Among the records below, count the lines where "post" occurs, and report that total alone.

(Beginning of Records for the task)

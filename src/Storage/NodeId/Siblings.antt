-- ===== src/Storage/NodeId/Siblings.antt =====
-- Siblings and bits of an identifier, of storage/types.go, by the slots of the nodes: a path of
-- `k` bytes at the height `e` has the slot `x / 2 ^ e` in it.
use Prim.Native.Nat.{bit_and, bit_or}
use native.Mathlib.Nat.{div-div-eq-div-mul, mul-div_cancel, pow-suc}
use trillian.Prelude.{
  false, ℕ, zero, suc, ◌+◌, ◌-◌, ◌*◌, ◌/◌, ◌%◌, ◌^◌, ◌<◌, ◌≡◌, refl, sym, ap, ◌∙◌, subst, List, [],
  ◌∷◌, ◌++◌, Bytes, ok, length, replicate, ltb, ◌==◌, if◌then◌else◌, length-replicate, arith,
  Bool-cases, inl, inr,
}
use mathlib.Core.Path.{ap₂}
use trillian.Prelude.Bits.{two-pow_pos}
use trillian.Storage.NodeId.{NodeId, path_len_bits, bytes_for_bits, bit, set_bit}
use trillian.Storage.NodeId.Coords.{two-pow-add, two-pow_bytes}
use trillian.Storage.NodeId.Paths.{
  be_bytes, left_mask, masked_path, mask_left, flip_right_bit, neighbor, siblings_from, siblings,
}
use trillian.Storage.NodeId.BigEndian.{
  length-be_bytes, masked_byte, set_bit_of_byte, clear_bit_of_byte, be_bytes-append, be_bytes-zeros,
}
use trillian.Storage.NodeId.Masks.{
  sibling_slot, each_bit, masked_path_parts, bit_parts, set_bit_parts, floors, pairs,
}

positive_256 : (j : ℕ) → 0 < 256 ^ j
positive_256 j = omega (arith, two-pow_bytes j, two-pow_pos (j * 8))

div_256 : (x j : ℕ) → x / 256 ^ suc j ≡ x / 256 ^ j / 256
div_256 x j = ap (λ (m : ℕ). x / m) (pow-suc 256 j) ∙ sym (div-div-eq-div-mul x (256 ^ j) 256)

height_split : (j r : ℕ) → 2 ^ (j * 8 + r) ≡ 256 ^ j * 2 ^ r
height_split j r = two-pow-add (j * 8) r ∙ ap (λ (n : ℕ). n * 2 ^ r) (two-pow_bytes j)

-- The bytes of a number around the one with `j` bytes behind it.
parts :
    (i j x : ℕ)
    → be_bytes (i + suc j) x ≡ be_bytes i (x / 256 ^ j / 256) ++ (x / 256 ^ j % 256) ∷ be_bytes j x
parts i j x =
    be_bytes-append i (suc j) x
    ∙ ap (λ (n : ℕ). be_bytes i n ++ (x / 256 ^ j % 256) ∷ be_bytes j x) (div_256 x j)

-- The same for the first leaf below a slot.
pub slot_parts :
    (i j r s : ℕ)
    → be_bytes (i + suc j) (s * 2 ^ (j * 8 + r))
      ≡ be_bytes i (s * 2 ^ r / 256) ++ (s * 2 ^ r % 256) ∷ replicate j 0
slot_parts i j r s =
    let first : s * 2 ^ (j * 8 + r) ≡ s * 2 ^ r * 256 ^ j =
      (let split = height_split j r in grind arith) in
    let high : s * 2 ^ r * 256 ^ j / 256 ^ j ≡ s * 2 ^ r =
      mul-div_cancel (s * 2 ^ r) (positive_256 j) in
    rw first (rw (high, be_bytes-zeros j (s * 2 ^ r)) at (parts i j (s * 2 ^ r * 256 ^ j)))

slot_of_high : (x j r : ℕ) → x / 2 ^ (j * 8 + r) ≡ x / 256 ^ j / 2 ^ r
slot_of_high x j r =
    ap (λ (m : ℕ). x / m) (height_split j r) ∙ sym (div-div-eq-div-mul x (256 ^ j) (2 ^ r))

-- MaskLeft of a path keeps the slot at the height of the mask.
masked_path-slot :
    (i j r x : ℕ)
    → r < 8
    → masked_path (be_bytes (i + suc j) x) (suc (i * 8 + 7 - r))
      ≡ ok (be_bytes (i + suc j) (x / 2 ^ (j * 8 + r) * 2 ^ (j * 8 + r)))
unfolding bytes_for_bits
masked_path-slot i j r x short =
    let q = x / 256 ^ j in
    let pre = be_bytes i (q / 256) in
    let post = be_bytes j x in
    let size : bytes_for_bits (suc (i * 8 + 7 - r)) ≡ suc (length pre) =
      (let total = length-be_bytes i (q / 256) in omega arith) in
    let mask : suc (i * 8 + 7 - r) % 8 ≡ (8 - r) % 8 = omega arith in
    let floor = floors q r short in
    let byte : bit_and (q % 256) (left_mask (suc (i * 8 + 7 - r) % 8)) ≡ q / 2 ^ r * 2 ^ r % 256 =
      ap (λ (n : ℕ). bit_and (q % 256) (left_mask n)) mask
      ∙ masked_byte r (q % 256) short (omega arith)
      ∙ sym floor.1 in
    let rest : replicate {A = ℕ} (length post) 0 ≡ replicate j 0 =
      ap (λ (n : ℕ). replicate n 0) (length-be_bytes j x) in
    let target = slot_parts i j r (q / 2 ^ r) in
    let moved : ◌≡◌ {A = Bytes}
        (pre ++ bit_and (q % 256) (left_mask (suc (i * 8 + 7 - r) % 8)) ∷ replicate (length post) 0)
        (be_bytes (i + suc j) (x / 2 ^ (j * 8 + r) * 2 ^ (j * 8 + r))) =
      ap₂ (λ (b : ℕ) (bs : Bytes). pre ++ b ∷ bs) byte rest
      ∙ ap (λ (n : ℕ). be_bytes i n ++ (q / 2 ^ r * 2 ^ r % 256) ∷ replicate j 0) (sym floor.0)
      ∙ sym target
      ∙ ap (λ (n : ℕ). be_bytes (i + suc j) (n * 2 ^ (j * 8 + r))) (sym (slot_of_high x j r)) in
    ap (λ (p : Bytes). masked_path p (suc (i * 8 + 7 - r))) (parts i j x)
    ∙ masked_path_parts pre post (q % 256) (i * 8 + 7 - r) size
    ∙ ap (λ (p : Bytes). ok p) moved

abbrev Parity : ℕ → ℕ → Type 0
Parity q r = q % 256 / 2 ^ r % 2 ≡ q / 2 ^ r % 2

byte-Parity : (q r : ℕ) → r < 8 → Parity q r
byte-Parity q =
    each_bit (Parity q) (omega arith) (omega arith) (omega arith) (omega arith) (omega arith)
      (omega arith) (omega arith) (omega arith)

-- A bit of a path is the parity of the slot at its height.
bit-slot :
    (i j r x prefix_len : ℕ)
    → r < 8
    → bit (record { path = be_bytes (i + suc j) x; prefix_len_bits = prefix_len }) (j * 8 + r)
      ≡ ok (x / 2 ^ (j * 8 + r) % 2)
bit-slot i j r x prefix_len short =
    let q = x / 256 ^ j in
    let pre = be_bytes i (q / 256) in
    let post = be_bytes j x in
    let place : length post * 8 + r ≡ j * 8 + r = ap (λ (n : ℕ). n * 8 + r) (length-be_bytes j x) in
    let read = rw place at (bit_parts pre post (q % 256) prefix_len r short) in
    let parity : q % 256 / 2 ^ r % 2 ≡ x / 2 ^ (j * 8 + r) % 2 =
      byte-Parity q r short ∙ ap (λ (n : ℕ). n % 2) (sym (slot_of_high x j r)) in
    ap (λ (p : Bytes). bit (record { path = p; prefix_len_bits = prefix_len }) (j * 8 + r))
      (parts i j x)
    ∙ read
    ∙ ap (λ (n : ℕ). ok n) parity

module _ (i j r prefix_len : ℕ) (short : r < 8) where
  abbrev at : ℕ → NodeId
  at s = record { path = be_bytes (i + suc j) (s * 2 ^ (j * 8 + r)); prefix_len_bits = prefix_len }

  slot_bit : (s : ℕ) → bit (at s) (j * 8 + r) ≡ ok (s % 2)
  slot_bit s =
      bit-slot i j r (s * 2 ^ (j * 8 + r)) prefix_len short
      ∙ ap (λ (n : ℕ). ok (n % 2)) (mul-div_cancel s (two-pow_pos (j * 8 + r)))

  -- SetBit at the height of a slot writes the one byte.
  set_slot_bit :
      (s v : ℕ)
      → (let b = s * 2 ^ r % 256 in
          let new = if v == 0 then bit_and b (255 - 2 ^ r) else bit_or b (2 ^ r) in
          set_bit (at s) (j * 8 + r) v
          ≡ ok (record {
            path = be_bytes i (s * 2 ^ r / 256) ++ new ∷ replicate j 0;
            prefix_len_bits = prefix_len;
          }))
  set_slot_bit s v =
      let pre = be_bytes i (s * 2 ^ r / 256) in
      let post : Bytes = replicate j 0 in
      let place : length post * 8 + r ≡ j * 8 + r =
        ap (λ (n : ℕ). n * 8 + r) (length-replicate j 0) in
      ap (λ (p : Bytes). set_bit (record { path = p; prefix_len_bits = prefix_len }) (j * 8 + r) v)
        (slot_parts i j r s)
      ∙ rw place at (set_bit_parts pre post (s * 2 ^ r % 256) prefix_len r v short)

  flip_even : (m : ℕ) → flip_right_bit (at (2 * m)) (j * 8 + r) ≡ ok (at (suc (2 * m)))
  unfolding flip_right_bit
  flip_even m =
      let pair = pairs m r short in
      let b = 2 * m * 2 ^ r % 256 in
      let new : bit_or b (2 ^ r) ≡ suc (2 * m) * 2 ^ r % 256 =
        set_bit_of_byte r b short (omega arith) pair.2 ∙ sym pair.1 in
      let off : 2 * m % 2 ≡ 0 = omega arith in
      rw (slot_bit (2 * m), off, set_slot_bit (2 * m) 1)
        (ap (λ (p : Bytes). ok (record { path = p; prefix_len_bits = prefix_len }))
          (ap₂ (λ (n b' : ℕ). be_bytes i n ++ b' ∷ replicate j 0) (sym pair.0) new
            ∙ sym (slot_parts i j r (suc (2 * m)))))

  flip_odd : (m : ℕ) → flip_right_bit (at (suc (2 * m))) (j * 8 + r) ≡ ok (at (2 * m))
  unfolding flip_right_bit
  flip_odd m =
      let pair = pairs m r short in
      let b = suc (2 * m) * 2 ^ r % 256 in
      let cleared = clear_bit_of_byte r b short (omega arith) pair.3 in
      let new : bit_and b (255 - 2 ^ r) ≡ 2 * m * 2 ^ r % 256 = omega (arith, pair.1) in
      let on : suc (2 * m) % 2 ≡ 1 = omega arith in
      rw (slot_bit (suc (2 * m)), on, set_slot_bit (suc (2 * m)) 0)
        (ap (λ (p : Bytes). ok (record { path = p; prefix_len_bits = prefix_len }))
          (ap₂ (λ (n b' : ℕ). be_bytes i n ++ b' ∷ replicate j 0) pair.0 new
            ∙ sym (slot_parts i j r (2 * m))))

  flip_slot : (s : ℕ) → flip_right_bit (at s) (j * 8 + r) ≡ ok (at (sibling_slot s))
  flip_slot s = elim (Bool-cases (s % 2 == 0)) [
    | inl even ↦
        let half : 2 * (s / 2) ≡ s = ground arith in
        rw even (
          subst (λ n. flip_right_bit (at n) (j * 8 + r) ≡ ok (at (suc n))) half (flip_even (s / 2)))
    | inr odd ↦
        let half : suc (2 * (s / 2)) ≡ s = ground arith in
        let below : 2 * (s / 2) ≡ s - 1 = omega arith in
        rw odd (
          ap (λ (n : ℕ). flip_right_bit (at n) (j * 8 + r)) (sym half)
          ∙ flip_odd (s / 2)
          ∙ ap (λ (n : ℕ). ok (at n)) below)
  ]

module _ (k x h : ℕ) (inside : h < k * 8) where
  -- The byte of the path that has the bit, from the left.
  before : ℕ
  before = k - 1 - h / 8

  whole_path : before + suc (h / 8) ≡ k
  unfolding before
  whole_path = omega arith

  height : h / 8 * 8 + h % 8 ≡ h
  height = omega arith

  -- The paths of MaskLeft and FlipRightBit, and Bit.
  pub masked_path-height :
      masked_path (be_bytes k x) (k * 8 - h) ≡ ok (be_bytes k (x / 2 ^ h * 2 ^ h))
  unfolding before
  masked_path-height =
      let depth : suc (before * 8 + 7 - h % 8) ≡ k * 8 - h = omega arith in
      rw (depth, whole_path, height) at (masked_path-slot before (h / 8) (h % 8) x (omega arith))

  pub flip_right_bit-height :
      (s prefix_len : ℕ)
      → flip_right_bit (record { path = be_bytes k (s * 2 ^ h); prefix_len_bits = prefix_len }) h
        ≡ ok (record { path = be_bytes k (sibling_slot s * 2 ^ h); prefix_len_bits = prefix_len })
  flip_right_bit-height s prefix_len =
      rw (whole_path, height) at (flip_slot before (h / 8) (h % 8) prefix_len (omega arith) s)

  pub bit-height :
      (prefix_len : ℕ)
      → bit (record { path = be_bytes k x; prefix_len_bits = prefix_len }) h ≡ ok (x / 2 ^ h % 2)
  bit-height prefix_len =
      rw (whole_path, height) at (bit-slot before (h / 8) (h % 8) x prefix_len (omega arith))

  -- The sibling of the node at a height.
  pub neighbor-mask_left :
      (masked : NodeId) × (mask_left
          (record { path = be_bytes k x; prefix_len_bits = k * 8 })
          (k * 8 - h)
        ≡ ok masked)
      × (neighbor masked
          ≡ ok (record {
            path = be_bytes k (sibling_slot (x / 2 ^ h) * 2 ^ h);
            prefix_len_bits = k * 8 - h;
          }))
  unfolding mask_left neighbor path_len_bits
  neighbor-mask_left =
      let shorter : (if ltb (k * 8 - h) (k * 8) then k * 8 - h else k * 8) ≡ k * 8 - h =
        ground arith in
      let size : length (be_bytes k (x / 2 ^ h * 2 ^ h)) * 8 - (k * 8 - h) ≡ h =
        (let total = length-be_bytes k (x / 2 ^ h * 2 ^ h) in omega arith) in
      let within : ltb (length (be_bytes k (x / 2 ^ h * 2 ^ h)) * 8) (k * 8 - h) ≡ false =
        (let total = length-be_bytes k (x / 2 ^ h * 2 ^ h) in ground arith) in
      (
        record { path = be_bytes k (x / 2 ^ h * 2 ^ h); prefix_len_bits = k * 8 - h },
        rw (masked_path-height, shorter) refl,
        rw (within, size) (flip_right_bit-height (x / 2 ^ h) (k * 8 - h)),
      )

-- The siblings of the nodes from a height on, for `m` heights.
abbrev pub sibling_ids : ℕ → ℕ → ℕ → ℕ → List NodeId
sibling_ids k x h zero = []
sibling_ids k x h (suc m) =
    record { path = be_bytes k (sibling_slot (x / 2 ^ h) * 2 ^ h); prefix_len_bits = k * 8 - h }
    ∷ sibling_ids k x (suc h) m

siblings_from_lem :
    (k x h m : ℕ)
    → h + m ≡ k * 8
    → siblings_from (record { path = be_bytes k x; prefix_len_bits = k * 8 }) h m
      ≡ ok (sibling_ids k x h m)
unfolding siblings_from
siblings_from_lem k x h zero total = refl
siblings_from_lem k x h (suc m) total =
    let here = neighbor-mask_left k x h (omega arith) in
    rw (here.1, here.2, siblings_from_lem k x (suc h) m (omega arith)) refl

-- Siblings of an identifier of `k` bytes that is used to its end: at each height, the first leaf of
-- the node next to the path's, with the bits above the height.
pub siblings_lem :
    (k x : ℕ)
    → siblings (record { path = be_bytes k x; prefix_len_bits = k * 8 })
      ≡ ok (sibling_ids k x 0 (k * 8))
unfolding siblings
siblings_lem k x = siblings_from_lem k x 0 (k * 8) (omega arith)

(End of Records for the task)

• [Reply to the task]: 10